Dataset excerpts:
-- The same calls, followed by the monitor.
abbrev pub watched : Text → Outside → Outside
watched r O = record {
  World = O.World × Option Seen;
  Handle = O.Handle;
  json_dumps = O.json_dumps;
  json_loads = O.json_loads;
  rewrite_stream_line = λ t i w. let (v, a) = O.rewrite_stream_line t i w.0 in ((v, w.1), a);
  redis_get = λ k w. let (v, a) = O.redis_get k w.0 in ((v, after_look r k a w.1), a);
  redis_set = λ k t n w. let (v, a) = O.redis_set k t n w.0 in ((v, w.1), a);
  redis_delete = λ k w. let (v, a) = O.redis_delete k w.0 in ((v, w.1), a);
  redis_close = λ w. (O.redis_close w.0, w.1);
  xadd_line = λ k t w. let (v, a) = O.xadd_line k t w.0 in ((v, w.1), a);
  xadd_done = λ k c w. let (v, a) = O.xadd_done k c w.0 in ((v, w.1), a);
  expire = λ k n w. let (v, a) = O.expire k n w.0 in ((v, w.1), a);
  connect_engine = λ w. let (v, a) = O.connect_engine w.0 in ((v, w.1), a);
  get_container = λ n w. let (v, a) = O.get_container n w.0 in ((v, w.1), a);
  kill = λ h w. let (v, a) = O.kill h w.0 in ((v, w.1), a);
  remove = λ h w. let (v, a) = O.remove h w.0 in ((v, w.1), a);
  read_stderr = λ h w. let (v, a) = O.read_stderr h w.0 in ((v, w.1), a);
  logs = O.logs;
  wait = λ h w. let (v, a) = O.wait h w.0 in ((v, after_end w.1), a);
  run_container = λ w. let (v, a) = O.run_container w.0 in ((v, after_start w.1), a);
  monotonic = λ w. let (v, a) = O.monotonic w.0 in ((v, w.1), a);
  sleep = λ n w. (O.sleep n w.0, w.1);
  uniform = λ a b w. let (v, x) = O.uniform a b w.0 in ((v, w.1), x);
}

some-after_look :
    (r k : Text) (a : Option (Option Text)) (s : Option Seen)
    → is_some (after_look r k a s) ≡ is_some s
some-after_look r k a none = refl
some-after_look r k a (some s) = elim (Bool-cases (text_eq k (abort_flag_key r))) [
  | inl own ↦ elim (Bool-cases (is_some (or_none (reply_value a)))) [
    | inl set ↦ rw (own, set) refl
    | inr unset ↦ rw (own, unset) refl
  ]
  | inr other ↦ rw other refl
]

some-after_end : (s : Option Seen) → is_some (after_end s) ≡ is_some s
some-after_end none = refl
some-after_end (some s) = refl

look-clear :
    (r : Text) (a : Option (Option Text)) (s : Option Seen)
    → is_some s ≡ true
    → is_some (or_none (reply_value a)) ≡ false
    → after_look r (abort_flag_key r) a s ≡ some clear
look-clear r a none here unset = cc here
look-clear r a (some s) here unset = rw (text_eq_refl (abort_flag_key r), unset) refl

cooldown-ne-flag : (r : Text) → text_eq cooldown_key (abort_flag_key r) ≡ false
unfolding text_eq abort_flag_key
cooldown-ne-flag r = refl

other-look :
    (r : Text) (a : Option (Option Text)) (s : Seen) → after_look r cooldown_key a (some s) ≡ some s
other-look r a s = rw (cooldown-ne-flag r) refl

module _ (O : Outside) (r : Text) where
  abbrev W : Outside
  W = watched r O

  abbrev frame : Frame W
  frame = record {
    View = Bool;
    view = λ w. is_some w.1;
    rewrite = λ i t w. refl;
    get = λ k w. some-after_look r k (O.redis_get k w.0).1 w.1;
    set = λ k t n w. refl;
    delete = λ k w. refl;
    line = λ k t w. refl;
    expired = λ k n w. refl;
    removed = λ h w. refl;
    stderr = λ h w. refl;
    waited = λ h w. some-after_end w.1;
    clock = λ w. refl;
    slept = λ n w. refl;
    random = λ a b w. refl;
  }

  abbrev IsClear : Process W.World → Type 0
  IsClear p = p.world.1 ≡ some clear

  is_aborted-IsClear :
      (p : Process W.World)
      → is_some p.world.1 ≡ true
      → (is_aborted W true r p).1 ≡ false
      → IsClear (is_aborted W true r p).0
  unfolding is_aborted read_mirror
  is_aborted-IsClear p here quiet = elim (Bool-cases (is_some (get_item r p.aborted))) [
    | inl marked ↦ cc (rw marked at quiet)
    | inr unmarked ↦ rw unmarked (
        look-clear r (O.redis_get (abort_flag_key r) p.world.0).1 p.world.1 here
          (rw unmarked at quiet))
  ]

  clear-some : (p : Process W.World) → IsClear p → is_some p.world.1 ≡ true
  clear-some p c = ap is_some c

  sleep_until-IsClear :
      (fuel end : ℕ) (p : Process W.World)
      → IsClear p
      → (sleep_until W fuel end r p).1 ≡ some false
      → IsClear (sleep_until W fuel end r p).0
  unfolding sleep_until
  sleep_until-IsClear zero end p c e = cc e
  sleep_until-IsClear (suc fuel) end p c e =
      let now = W.monotonic p.world in
      let a = is_aborted W true r (at_world W p now.0) in
      elim (Bool-cases (leb end now.1)) [
        | inl over ↦ rw over c
        | inr early ↦ elim (Bool-cases a.1) [
          | inl stopped ↦ cc (rw (early, stopped) at e)
          | inr running ↦
              rw (early, running)
                (sleep_until-IsClear fuel end
                  (at_world W a.0 (W.sleep (min 1000 (end - now.1)) a.0.world))
                  (is_aborted-IsClear (at_world W p now.0) (clear-some p c) running)
                  (rw (early, running) at e))
        ]
      ]

  abbrev LookClear : Process W.World × CooldownLook → Type 0
  LookClear (p, proceeds cleared) = IsClear p
  LookClear (p, stops) = Unit
  LookClear (p, again) = IsClear p

  on_look-LookClear :
      (look : Option (Option Text)) (notified : Bool) (p : Process W.World)
      → IsClear p
      → LookClear (on_look W look notified r p)
  unfolding on_look publish_message publish_line
  on_look-LookClear none notified p c = c
  on_look-LookClear (some armed) notified p c = elim (Bool-cases (is_some (or_none armed))) [
    | inl on ↦
        let told =
          at_world W p
            (if notified then p.world else publish_message W r cooldown_notice p.world) in
        let a = is_aborted W true r told in
        elim (Bool-cases a.1) [
          | inl stopped ↦ rw (on, stopped) tt
          | inr running ↦ rw (on, running) (is_aborted-IsClear told (silent notified) running)
        ]
    | inr off ↦ rw off c
  ]
    where
      silent :
          (b : Bool)
          → is_some (if b then p.world else publish_message W r cooldown_notice p.world).1 ≡ true
      silent true = clear-some p c
      silent false = clear-some p c

  poll_cooldown-LookClear :
      (notified : Bool) (p : Process W.World) → IsClear p → LookClear (poll_cooldown W notified r p)
  unfolding poll_cooldown
  poll_cooldown-LookClear notified p c =
      let a = W.redis_get cooldown_key p.world in
      on_look-LookClear a.1 notified (at_world W p a.0)
        (ap (after_look r cooldown_key a.1) c ∙ other-look r a.1 clear)

  after_poll-IsClear :
      (turn : Process W.World × CooldownLook) (later : Process W.World × Bool × Bool)
      → LookClear turn
      → (IsClear turn.0 → later.1 ≡ true → IsClear later.0)
      → (after_poll W turn later).1 ≡ true
      → IsClear (after_poll W turn later).0
  unfolding after_poll
  after_poll-IsClear (p, proceeds cleared) later c more e = c
  after_poll-IsClear (p, stops) later c more e = cc e
  after_poll-IsClear (p, again) later c more e = more c e

  wait_turns-IsClear :
      (left : ℕ) (notified : Bool) (p : Process W.World)
      → IsClear p
      → (wait_turns W left notified r p).1 ≡ true
      → IsClear (wait_turns W left notified r p).0
  unfolding wait_turns
  wait_turns-IsClear zero notified p c =
      after_poll-IsClear (poll_cooldown W notified r p) _ (poll_cooldown-LookClear notified p c)
        (λ d e. d)
  wait_turns-IsClear (suc left) notified p c =
      let turn = poll_cooldown W notified r p in
      after_poll-IsClear turn _ (poll_cooldown-LookClear notified p c)
        (λ d. wait_turns-IsClear left true (at_world W turn.0 (W.sleep 1000 turn.0.world)) d)

  abbrev Ready : Process W.World × Option Bool → Type 0
  Ready q = q.1 ≡ some true → IsClear q.0

  wait_cooldown-Ready : (p : Process W.World) → IsClear p → Ready (wait_cooldown W r p)
  unfolding wait_cooldown cooldown_wait
  wait_cooldown-Ready p c e =
      let t = wait_turns W wait_polls false r p in
      let goes : t.1 ≡ true = cc e in
      let there = wait_turns-IsClear wait_polls false p c goes in
      elim (Bool-cases t.2) [ inl cleared ↦ rw cleared there | inr late ↦ rw late there ]

  on_slept-Ready :
      (s : Process W.World × Option Bool)
      → (s.1 ≡ some false → IsClear s.0)
      → Ready (on_slept W r s)
  unfolding on_slept
  on_slept-Ready (p, none) c e = cc e
  on_slept-Ready (p, some true) c e = cc e
  on_slept-Ready (p, some false) c e = wait_cooldown-Ready p (c refl) e

  set_cooldown-same : (o : Option ℕ) (w : W.World) → (set_cooldown W o w).1 ≡ w.1
  unfolding set_cooldown
  set_cooldown-same none w = refl
  set_cooldown-same (some ttl) w = refl

  on_previous-same : (a : Option (Option Text)) (w : W.World) → (on_previous W a w).1 ≡ w.1
  unfolding on_previous
  on_previous-same none w = refl
  on_previous-same (some prev) w = set_cooldown-same (next_ttl (or_none prev)) w

  back_off-Ready :
      (reason : Reason) (attempt : ℕ) (p : Process W.World)
      → IsClear p
      → Ready (back_off W reason attempt r p)
  unfolding back_off cooldown_arm publish_message publish_line sleep_abortable
  back_off-Ready rate_limit attempt p c =
      let b = rate_limit_backoff attempt in
      let a = W.redis_get cooldown_key p.world in
      let armed : (cooldown_arm W true p.world).1 ≡ some clear =
        on_previous-same a.1 a.0 ∙ ap (after_look r cooldown_key a.1) c ∙ other-look r a.1 clear in
      let j = W.uniform (b * 3 / 4) (b * 5 / 4) (cooldown_arm W true p.world) in
      let told = at_world W p (publish_message W r (backoff_notice j.1 attempt) j.0) in
      let now = W.monotonic told.world in
      on_slept-Ready (sleep_abortable W j.1 r told)
        (sleep_until-IsClear (j.1 / 1000 + 2) (now.1 + j.1) (at_world W told now.0) armed)
  back_off-Ready contention attempt p c =
      wait_cooldown-Ready (at_world W p (W.sleep (contention_backoff attempt) p.world)) c

  prepare-Ready :
      (reason : Reason) (attempt : ℕ) (p : Process W.World)
      → is_some p.world.1 ≡ true
      → Ready (prepare W reason attempt r p)
  unfolding prepare
  prepare-Ready reason attempt p here e =
      let a = is_aborted W true r p in
      elim (Bool-cases a.1) [
        | inl stopped ↦ cc (rw stopped at e)
        | inr running ↦ rw running (
            back_off-Ready reason attempt a.0 (is_aborted-IsClear p here running) (rw running at e))
      ]

  abbrev Holds : Process W.World → Type 0
  Holds p = is_some p.world.1 ≡ true

  on_attempt-Holds :
      (a : Option (ℤ × Option Reason)) (p : Process W.World)
      (next : ℤ → Reason → Process W.World × Option ℤ)
      → Holds p
      → ((returncode : ℤ) (reason : Reason) → Holds (next returncode reason).0)
      → Holds (on_attempt W a p next).0
  unfolding on_attempt
  on_attempt-Holds none p next here more = here
  on_attempt-Holds (some (returncode, none)) p next here more = here
  on_attempt-Holds (some (returncode, some reason)) p next here more = more returncode reason

  on_prepared-Holds :
      (q : Process W.World × Option Bool) (returncode : ℤ)
      (respawn : Process W.World → Process W.World × Option ℤ)
      → Holds q.0
      → (q.1 ≡ some true → Holds (respawn q.0).0)
      → Holds (on_prepared W q returncode r respawn).0
  unfolding on_prepared
  on_prepared-Holds (p, none) returncode respawn here more = here
  on_prepared-Holds (p, some false) returncode respawn here more = here
  on_prepared-Holds (p, some true) returncode respawn here more = more refl

  on_respawn-Holds :
      (h : Option O.Handle) (p : Process W.World) (attempts : O.Handle → Process W.World × Option ℤ)
      → Holds p
      → ((x : O.Handle) → Holds (attempts x).0)
      → Holds (on_respawn W h r p attempts).0
  unfolding on_respawn spawn_error
  on_respawn-Holds none p attempts here more =
      view-publish_message W frame r
        (result (codes "spawn_error") (codes "runner failed to respawn container on retry: "))
        p.world
      ∙ here
  on_respawn-Holds (some x) p attempts here more = more x

  attempts_from-Holds :
      (left attempt : ℕ) (cr : Bool) (h : O.Handle) (p : Process W.World)
      → Holds p
      → Holds (attempts_from W left attempt cr h r p).0
  unfolding attempts_from
  attempts_from-Holds zero attempt cr h p here =
      let a = stream_cold_attempt W h r cr true p.world in
      let ended = view-stream_cold_attempt W frame h r cr true p.world ∙ here in
      on_attempt-Holds a.1 (at_world W p a.0)
        (λ returncode reason. (at_world W p a.0, some returncode)) ended
        (λ returncode reason. ended)
  attempts_from-Holds (suc left) attempt cr h p here =
      let a = stream_cold_attempt W h r cr false p.world in
      let ended = view-stream_cold_attempt W frame h r cr false p.world ∙ here in
      let p1 = at_world W p a.0 in
      on_attempt-Holds a.1 p1 _ ended (λ returncode reason.
        let q = prepare W reason (suc attempt) r p1 in
        let s = W.run_container q.0.world in
        on_prepared-Holds q returncode _ (view-prepare W frame reason (suc attempt) r p1 ∙ ended)
          (λ goes.
            let clear_now : q.0.world.1 ≡ some clear =
              prepare-Ready reason (suc attempt) p1 ended goes in
            let started : Holds (at_world W q.0 s.0) =
              ap (λ x. is_some (after_start x)) clear_now in
            on_respawn-Holds s.1 (at_world W q.0 s.0) _ started
              (λ x. attempts_from-Holds left (suc attempt) cr x (at_world W q.0 s.0) started)))

  -- Whatever the calls answer, each container that the attempts of a job start stands behind a look at
  -- the job's abort flag in Redis, made after the container before it had ended, and the last such look
  -- found no flag; where it finds one, none is started.
  pub run_cold_agent_with_retry-looks :
      (cr : Bool) (h : O.Handle) (p : Process O.World)
      → let e =
          run_cold_agent_with_retry W cr h r
            (record { names = p.names; aborted = p.aborted; world = (p.world, some unseen) }) in
        (s : Seen) × (e.0.world.1 ≡ some s)
  unfolding run_cold_agent_with_retry
  run_cold_agent_with_retry-looks cr h p = seen _ (
      attempts_from-Holds (max_attempts cr - 1) 1 cr h
        (record { names = p.names; aborted = p.aborted; world = (p.world, some unseen) }) refl)
    where
      seen : (o : Option Seen) → is_some o ≡ true → (s : Seen) × (o ≡ some s)
      seen none e = cc e
      seen (some s) e = (s, refl)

Required action:
Lines from the top of the entries above to the line that contains "logs = O.logs;" should be set down exactly, please, with both ends kept and nothing added.

Task result:
-- The same calls, followed by the monitor.
abbrev pub watched : Text → Outside → Outside
watched r O = record {
  World = O.World × Option Seen;
  Handle = O.Handle;
  json_dumps = O.json_dumps;
  json_loads = O.json_loads;
  rewrite_stream_line = λ t i w. let (v, a) = O.rewrite_stream_line t i w.0 in ((v, w.1), a);
  redis_get = λ k w. let (v, a) = O.redis_get k w.0 in ((v, after_look r k a w.1), a);
  redis_set = λ k t n w. let (v, a) = O.redis_set k t n w.0 in ((v, w.1), a);
  redis_delete = λ k w. let (v, a) = O.redis_delete k w.0 in ((v, w.1), a);
  redis_close = λ w. (O.redis_close w.0, w.1);
  xadd_line = λ k t w. let (v, a) = O.xadd_line k t w.0 in ((v, w.1), a);
  xadd_done = λ k c w. let (v, a) = O.xadd_done k c w.0 in ((v, w.1), a);
  expire = λ k n w. let (v, a) = O.expire k n w.0 in ((v, w.1), a);
  connect_engine = λ w. let (v, a) = O.connect_engine w.0 in ((v, w.1), a);
  get_container = λ n w. let (v, a) = O.get_container n w.0 in ((v, w.1), a);
  kill = λ h w. let (v, a) = O.kill h w.0 in ((v, w.1), a);
  remove = λ h w. let (v, a) = O.remove h w.0 in ((v, w.1), a);
  read_stderr = λ h w. let (v, a) = O.read_stderr h w.0 in ((v, w.1), a);
  logs = O.logs;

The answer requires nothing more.